-- SUPPLIED INFORMATION --

******

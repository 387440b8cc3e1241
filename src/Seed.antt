-- ===== src/Seed.antt =====
-- The choice of a raster seed (crates/core/src/algo/snap.rs), over parameters for `f64` and `f32`.
pub mod Snap
pub mod Laws
mod Examples
use package.watershed_delineation.Prelude.{
  ℕ, zero, suc, Bool, true, false, ◌||◌, not, ◌&&◌, Option, none, some, List, [], ◌∷◌, ◌++◌, Result,
  ok, err, Outcome, returns, ◌>>=◌, if◌then◌else◌,
}
use package.watershed_delineation.Prelude.Order.{TotalOrder, then_with, min_by, nat_order}
use package.watershed_delineation.Prelude.Floats.{Floats}
use package.watershed_delineation.Raster.Grid.{GridCoord, GridDims}
use package.watershed_delineation.Raster.FlowTile.{TileState, masked}
use package.watershed_delineation.Raster.AccTile.{
  AccumulationTile, SnapThreshold, get_raw, dims, as_f32,
}
use package.watershed_delineation.Geo.{NativeCoord, GeoTransform, pixel_area, coord_to_pixel_f64}
use Prim.Native.Nat.{Ordering}

-- `FlowAccumulationUnits` of the hfx crate.
pub data FlowAccumulationUnits : Type 0 where
  cells km2 : FlowAccumulationUnits

pub record SnappedPoint (F A : Type 0) : Type 0 where
  pub cell : GridCoord
  pub coord : NativeCoord F
  pub accumulation : A

pub record RasterSeedCandidate (F A : Type 0) : Type 0 where
  pub cell : GridCoord
  pub distance_squared : F
  pub accumulation : A

-- The fields are `epsg`, the outlet and the extent.
pub data GridMappingError (F : Type 0) : Type 0 where
  outside_raster_window : ℕ → NativeCoord F → GridDims → GridMappingError F

-- The fields are `threshold`, `units`, `epsg` and the outlet; `epsg`, the outlet and the extent.
pub data SnapError (F A : Type 0) : Type 0 where
  no_cell_above_threshold : A → FlowAccumulationUnits → ℕ → NativeCoord F → SnapError F A
  outlet_out_of_bounds : ℕ → NativeCoord F → GridDims → SnapError F A

-- Half-open bounds of a fractional row and column.
abbrev pub is_outside : {F : Type 0} → Floats F → F × F → GridDims → Bool
is_outside fl frac d =
    not (fl.is_finite frac.0)
    || not (fl.is_finite frac.1)
    || fl.less frac.0 (fl.literal 0 0)
    || fl.less frac.1 (fl.literal 0 0)
    || fl.at_most (fl.of_nat d.rows) frac.0
    || fl.at_most (fl.of_nat d.cols) frac.1

module _ {F : Type 0} (fl : Floats F) where
  unfoldable pub quantize_grid_cell :
      NativeCoord F → GeoTransform F → GridDims → ℕ → Result GridCoord (GridMappingError F)
  quantize_grid_cell outlet geo d epsg =
      let frac = coord_to_pixel_f64 fl geo outlet in
      if is_outside fl frac d
      then err (outside_raster_window epsg outlet d)
      else ok (record { row = fl.floor_nat frac.0; col = fl.floor_nat frac.1 })

  pub distance_squared : F × F → GridCoord → F
  distance_squared frac cell =
      let half = fl.literal 5 1 in
      let dr = fl.sub (fl.add (fl.of_nat cell.row) half) frac.0 in
      let dc = fl.sub (fl.add (fl.of_nat cell.col) half) frac.1 in
      fl.add (fl.mul dr dr) (fl.mul dc dc)

-- `value.is_nan() || value < effective_threshold`.
abbrev pub is_below : {A : Type 0} → Floats A → A → A → Bool
is_below fs threshold value = fs.is_nan value || fs.less value threshold

module _ {F A : Type 0} (fl : Floats F) (fs : Floats A) where
  pub effective_threshold : (F → A) → SnapThreshold → FlowAccumulationUnits → GeoTransform F → A
  effective_threshold to_f32 threshold cells geo = as_f32 fs threshold
  effective_threshold to_f32 threshold km2 geo =
      to_f32
        (fl.div (fl.mul (fl.of_nat threshold.pixels) (pixel_area fl geo)) (fl.literal 1000000 0))

  abbrev pub candidate_of : F × F → GridCoord → A → RasterSeedCandidate F A
  candidate_of frac cell value = record {
    cell = cell;
    distance_squared = distance_squared fl frac cell;
    accumulation = value;
  }

  module _ {S : TileState} (accumulation : AccumulationTile (GeoTransform F) A S) (frac : F × F)
      (threshold : A) where
    -- The columns `col`, ..., `col + n - 1` of a row.
    pub row_candidates : ℕ → ℕ → ℕ → Outcome (List (RasterSeedCandidate F A))
    row_candidates row col zero = returns []
    row_candidates row col (suc n) = do
      let cell : GridCoord = record { row = row; col = col }
      value ← get_raw accumulation cell
      candidates ← row_candidates row (suc col) n
      returns (
          if is_below fs threshold value
          then candidates
          else candidate_of frac cell value ∷ candidates)

    pub grid_candidates : ℕ → ℕ → Outcome (List (RasterSeedCandidate F A))
    grid_candidates row zero = returns []
    grid_candidates row (suc n) = do
      here ← row_candidates row 0 (dims accumulation).cols
      later ← grid_candidates (suc row) n
      returns (here ++ later)

  pub raster_seed_candidates :
      {S : TileState}
      → NativeCoord F
      → AccumulationTile (GeoTransform F) A S
      → A
      → Outcome (List (RasterSeedCandidate F A))
  raster_seed_candidates outlet accumulation threshold =
      grid_candidates accumulation (coord_to_pixel_f64 fl accumulation.inner.geo outlet) threshold 0
        (dims accumulation).rows

  -- The comparison of `NearestAccumulationRasterSeedRanker`.
  abbrev pub seed_order : RasterSeedCandidate F A → RasterSeedCandidate F A → Ordering
  seed_order a b = then_with (fl.total.cmp a.distance_squared b.distance_squared) (
      then_with (fs.total.cmp b.accumulation a.accumulation)
        (then_with (nat_order.cmp a.cell.row b.cell.row) (nat_order.cmp a.cell.col b.cell.col)))

  pub rank_seeds : List (RasterSeedCandidate F A) → Option (RasterSeedCandidate F A)
  rank_seeds candidates = min_by seed_order candidates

******

-- WHAT YOU NEED TO DO --
Of the entries above, repeat exactly the lines between the line with "pub data SnapError" and the line with "not (fl.is_finite frac.1)", inclusive, and no others.

-- TASK RESPONSE --
pub data SnapError (F A : Type 0) : Type 0 where
  no_cell_above_threshold : A → FlowAccumulationUnits → ℕ → NativeCoord F → SnapError F A
  outlet_out_of_bounds : ℕ → NativeCoord F → GridDims → SnapError F A

-- Half-open bounds of a fractional row and column.
abbrev pub is_outside : {F : Type 0} → Floats F → F × F → GridDims → Bool
is_outside fl frac d =
    not (fl.is_finite frac.0)
    || not (fl.is_finite frac.1)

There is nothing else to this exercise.